Swing Out Sister’s ‘Almost Persuaded’

Swing Out SisterOne of the nicer things that happened to me in 2017 was an encounter with Corinne Drewery and Andy Connell, otherwise known as Swing Out Sister. The circumstances — the funeral in Grimsby of Corinne’s dad, the lead singer and bass guitarist with the R&B band in which I played during the mid-’60s — could have been happier. But it was fun to tell her about the band, about the nights we supported Screamin’ Jay Hawkins and Tom Jones, and about how Rae, her dad, was always on at me — quite correctly — to stick to a simple backbeat rather than trying to lay Elvin Jones licks all over the 12-bar blues of Jimmy Reed and Howlin’ Wolf.

It was some time after Swing Out Sister registered their first big hit, “Breakout”, in 1986 that I realised I had a tenuous connection to the girl with the Louise Brooks bob and the great pop-soul voice, whom I had seen as a very small child more than 20 years earlier. It took another 30 years for us to meet again, and to have a conversation which revealed the depth of the love and knowledge of music that she and Andy share.

When I saw that their 10th studio album, Almost Persuaded, was being self-released via PledgeMusic before Christmas, I signed up. The product of three years of thought and work, the CD arrived a couple of weeks ago and I’ve been playing it almost non-stop ever since, enjoying the way the duo create and sustain an escape into a neo-Bacharachian world of romantic elegance. The settings for their poised melodies and lyrics feature cool grooves, beautiful keyboard textures, deft horn flourishes and the mentholated sounds of vibes and (synthetic) strings. The music makes you feel that you’re sitting in a penthouse lounge, looking down on the lights of the city, with the first drink of the evening in your hand.
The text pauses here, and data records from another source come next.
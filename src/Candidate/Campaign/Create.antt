-- ===== src/Candidate/Campaign/Create.antt =====
-- `create_node()` and `proclaim()`: what the server holds when they return.
use gee_h.Prelude.{
  ℕ, ◌<◌, ◌≡◌, refl, sym, ap, ap₂, subst, ◌∙◌, true, Option, none, some, List, [], ◌∷◌, arith,
  Bool-cases, inl, inr, ◌⊎◌, bytes_eq, bytes_eq→≡,
}
use native.Mathlib.Decide.{ℕ_discrete}
use gee_h.Effect.{
  and_then, Outcome, returns, throws, Exception, Completion, async_rpc_future, publication_failed,
}
use gee_h.Etcd.{KeyValue, RequestOp, delete_range_op, not_set, TxnRequest, TxnResponse}
use gee_h.Candidate.{Candidate}
use gee_h.Candidate.Campaign.{
  World, ensure, create_node_request, publish_request, publish_value, take_over, reuse_node,
  node_created, create_node, proclaim, proclaim_rest,
}
use gee_h.Candidate.Campaign.Node.{
  revision_at, found, stamped, EtcdTxn, node, IsReady, commit_lem, publish_value_lem, stamped-eq,
  absent,
}

module _ {W : Type 0} (call : W → TxnRequest → W × Completion TxnResponse)
    (lookup : W → List ℕ → Option KeyValue) (laws : EtcdTxn lookup call) where
  -- A write that succeeds leaves the value under the candidate's revision.
  published :
      (value : List ℕ) (failure_op : RequestOp) (c : Candidate) (w : W) (r : TxnResponse)
      → 0 < c.creation_revision
      → async_rpc_future (call w (publish_request value failure_op c)).1 ≡ returns r
      → r.succeeded ≡ true
      → lookup (call w (publish_request value failure_op c)).0 c.candidate_key
        ≡ some
            (record { key = c.candidate_key; value = value; create_revision = c.creation_revision })
  unfolding publish_request
  published value failure_op c w r h e s =
      let req = publish_request value failure_op c in
      elim (ℕ_discrete (revision_at (lookup w c.candidate_key)) c.creation_revision) [
        | yes same ↦
            (laws.on_equal w req r e same).1
            ∙ ap (λ n. some (record { key = c.candidate_key; value = value; create_revision = n }))
                (stamped-eq (lookup w c.candidate_key) c.creation_revision r.revision same h)
        | no differs ↦ cc (laws.on_other w req r e differs)
      ]

  -- A key that the first transaction creates is new, so its revision is the transaction's.
  created :
      (c : Candidate) (w : W) (r : TxnResponse)
      → async_rpc_future (call w (create_node_request c)).1 ≡ returns r
      → r.succeeded ≡ true
      → lookup (call w (create_node_request c)).0 c.candidate_key
        ≡ some (record {
          key = c.candidate_key;
          value = c.candidate_value;
          create_revision = r.revision;
        })
  unfolding create_node_request
  created c w r e s =
      let req = create_node_request c in
      elim (ℕ_discrete (revision_at (lookup w c.candidate_key)) 0) [
        | yes new ↦
            (laws.on_equal w req r e new).1
            ∙ ap
                (λ (o : Option KeyValue). some (record {
                  key = c.candidate_key;
                  value = c.candidate_value;
                  create_revision = stamped o r.revision;
                }))
                (absent (lookup w c.candidate_key) (laws.entry_created w c.candidate_key) new)
        | no old ↦ cc (laws.on_other w req r e old)
      ]

  -- What holds when `create_node()` returns.
  abbrev IsStanding : World W → Type 0
  IsStanding w = lookup w.server w.candidate.candidate_key ≡ some (node w.candidate)

  ensure-IsStanding :
      (w : World W) (o : Outcome TxnResponse)
      → ((r : TxnResponse) → o ≡ returns r → r.succeeded ≡ true → IsStanding w)
      → (and_then (w, o) (ensure call)).1 ≡ returns tt
      → IsStanding (and_then (w, o) (ensure call)).0
  ensure-IsStanding w (returns r) h e = elim (Bool-cases r.succeeded) [
    | inl s ↦ rw s (h r refl s)
    | inr f ↦ absurd (ground arith)
  ]
  ensure-IsStanding w (throws x) h e = absurd (ground arith)

  publish-IsStanding :
      (failure_op : RequestOp) (w : World W)
      → IsReady w.candidate
      → 0 < w.candidate.creation_revision
      → let o = publish_value call w.candidate.candidate_value failure_op w in
        (and_then o (ensure call)).1 ≡ returns tt → IsStanding (and_then o (ensure call)).0
  publish-IsStanding failure_op w v h =
      let c = w.candidate in
      let req = publish_request c.candidate_value failure_op c in
      let (s, completion) = call w.server req in
      subst
        (λ o. (and_then o (ensure call)).1 ≡ returns tt → IsStanding (and_then o (ensure call)).0)
        (sym (publish_value_lem call c.candidate_value failure_op w v))
        (ensure-IsStanding (record w { server = s }) (async_rpc_future completion)
          (λ r. published c.candidate_value failure_op c w.server r h))

  take_over-IsStanding :
      (kv : KeyValue) (w : World W)
      → IsReady w.candidate
      → lookup w.server w.candidate.candidate_key ≡ some kv
      → (take_over call kv w).1 ≡ returns tt
      → IsStanding (take_over call kv w).0
  unfolding take_over
  take_over-IsStanding kv w v e r =
      let c = record w.candidate { creation_revision = kv.create_revision } in
      let k = w.candidate.candidate_key in
      elim (Bool-cases (bytes_eq kv.value w.candidate.candidate_value)) [
        | inl same ↦ rw same (
            e
            ∙ ap some (
                ap₂ (λ j x. record { key = j; value = x; create_revision = kv.create_revision })
                  (laws.entry_key w.server k kv e)
                  (bytes_eq→≡ kv.value w.candidate.candidate_value same)))
        | inr other ↦ rw other (
            publish-IsStanding (delete_range_op k) (record w { candidate = c })
              (record { count = v.count; accepting = v.accepting; counted = v.counted })
              (laws.entry_created w.server k kv e) (rw other at r))
      ]

  reuse_node-IsStanding :
      (o : Option KeyValue) (w : World W)
      → IsReady w.candidate
      → lookup w.server w.candidate.candidate_key ≡ o
      → (reuse_node call (found o ∷ []) w).1 ≡ returns tt
      → IsStanding (reuse_node call (found o ∷ []) w).0
  unfolding reuse_node
  reuse_node-IsStanding none w v e r = absurd (ground arith)
  reuse_node-IsStanding (some kv) w v e r = take_over-IsStanding kv w v e r

  node_created-IsStanding :
      (c : Candidate) (s : W) (r : TxnResponse)
      → IsReady c
      → async_rpc_future (call s (create_node_request c)).1 ≡ returns r
      → let w : World W = record { candidate = c; server = (call s (create_node_request c)).0 } in
        (node_created call r w).1 ≡ returns tt → IsStanding (node_created call r w).0
  unfolding node_created
  node_created-IsStanding c s r v e = elim (Bool-cases r.succeeded) [
    | inl done ↦ rw (done, node_created) (λ _. created c s r e done)
    | inr there ↦
        let (answer, same) =
          laws.on_other_range s (create_node_request c) r c.candidate_key e there
            (unfold create_node_request in refl) in
        rw (there, node_created, answer)
          (reuse_node-IsStanding (lookup s c.candidate_key) _
            (record { count = v.count; accepting = v.accepting; counted = v.counted }) same)
  ]

  -- Whatever the state of the server, when `create_node()` returns the server holds the candidate's
  -- key with the candidate's value, created at the revision that the candidate has noted: whether
  -- the key was new, was there with the same value, or was there with another value.
  pub create_node-IsStanding :
      (w : World W)
      → IsReady w.candidate
      → (create_node call w).1 ≡ returns tt
      → IsStanding (create_node call w).0
  unfolding create_node
  create_node-IsStanding w v =
      let c = w.candidate in
      let req = create_node_request c in
      let (s, completion) = call w.server req in
      simp v.accepting (
        subst
          (λ o.
            (and_then o (node_created call)).1 ≡ returns tt
            → IsStanding (and_then o (node_created call)).0)
          (sym (commit_lem call req w v))
          (answered s (async_rpc_future completion) (λ r. node_created-IsStanding c w.server r v)))
    where
      answered :
          (s : W) (o : Outcome TxnResponse)
          → ((r : TxnResponse)
              → o ≡ returns r
              → (node_created call r (record { candidate = w.candidate; server = s })).1
                ≡ returns tt
              → IsStanding (node_created call r (record { candidate = w.candidate; server = s })).0)
          → let x : World W = record { candidate = w.candidate; server = s } in
            (and_then (x, o) (node_created call)).1 ≡ returns tt
            → IsStanding (and_then (x, o) (node_created call)).0
      answered s (returns r) h e = h r refl e
      answered s (throws x) h e = absurd (ground arith)

  -- The two outcomes of `proclaim()` on a candidate `c`.
  abbrev Proclaimed : List ℕ → Candidate → World W × Outcome (Unit {0}) → Type 0
  Proclaimed new_value c p =
      ((p.1 ≡ returns tt)
        × (p.0.candidate ≡ record c { candidate_value = new_value })
        × (lookup p.0.server c.candidate_key ≡ some (record (node c) { value = new_value })))
      ⊎ ((x : Exception) × (p.1 ≡ throws x) × (p.0.candidate ≡ c))

  proclaimed :
      (new_value : List ℕ) (c : Candidate) (s : W) (o : Outcome TxnResponse)
      → ((r : TxnResponse)
          → o ≡ returns r
          → r.succeeded ≡ true
          → IsStanding
              (record { candidate = record c { candidate_value = new_value }; server = s }))
      → Proclaimed new_value c
          (proclaim_rest call new_value (record { candidate = c; server = s }, o))
  unfolding proclaim_rest
  proclaimed new_value c s (returns r) h = elim (Bool-cases r.succeeded) [
    | inl done ↦ simp done (inl (refl, refl, h r refl done))
    | inr refused ↦ simp refused (inr (publication_failed, refl, refl))
  ]
  proclaimed new_value c s (throws y) h = inr (y, refl, refl)

  -- On a candidate that was created and is not shut down `proclaim()` either returns, and then the
  -- candidate has the new value and the server holds it under the candidate's key and revision, or
  -- it throws, and then no field of the candidate has changed.
  pub proclaim-IsStanding :
      (new_value : List ℕ) (w : World W)
      → IsReady w.candidate
      → 0 < w.candidate.creation_revision
      → let p = proclaim call new_value w in
        ((p.1 ≡ returns tt)
          × (p.0.candidate ≡ record w.candidate { candidate_value = new_value })
          × (lookup p.0.server w.candidate.candidate_key
              ≡ some (record (node w.candidate) { value = new_value })))
        ⊎ ((x : Exception) × (p.1 ≡ throws x) × (p.0.candidate ≡ w.candidate))
  unfolding proclaim
  proclaim-IsStanding new_value w v h =
      let c = w.candidate in
      let req = publish_request new_value not_set c in
      let (s, completion) = call w.server req in
      simp v.accepting (
        subst (λ o. Proclaimed new_value c (proclaim_rest call new_value o))
          (sym (publish_value_lem call new_value not_set w v))
          (proclaimed new_value c s (async_rpc_future completion)
            (λ r. published new_value not_set c w.server r h)))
There’s no irony in play here, which is one of the reasons I like it so much. It’s a kind of uptown pop music that flourished in the era of Dee Dee Warwick’s “When Love Slips Away”, Lou Johnson’s “The Last One to Be Loved” and the Forum’s “The River Is Wide”, but with updated components and a modern sheen. In other words it’s civilised escapism, pure and simple, designed to carry you into a different world.

The arrangements soar and swirl and sigh, restrained by fine judgement from excesses of lushness or sentimentality. There are hints — and they are only ever hints — of Francis Lai and Michel Legrand, of blaxploitation soundtracks and early Eurodisco. The best song, the gorgeous “All in a Heartbeat”, comes in two versions, and the second of them sounds like a classic to me, switching from restrained verse to ecstatic chorus with a heart-lifting rush that reminds me of Corinne’s deep affection for Northern Soul.

From start to finish, Almost Persuaded is beautifully conceived and artfully crafted, and is warmly recommended to anyone who fancies slipping into a seat in that penthouse bar, high above the city lights.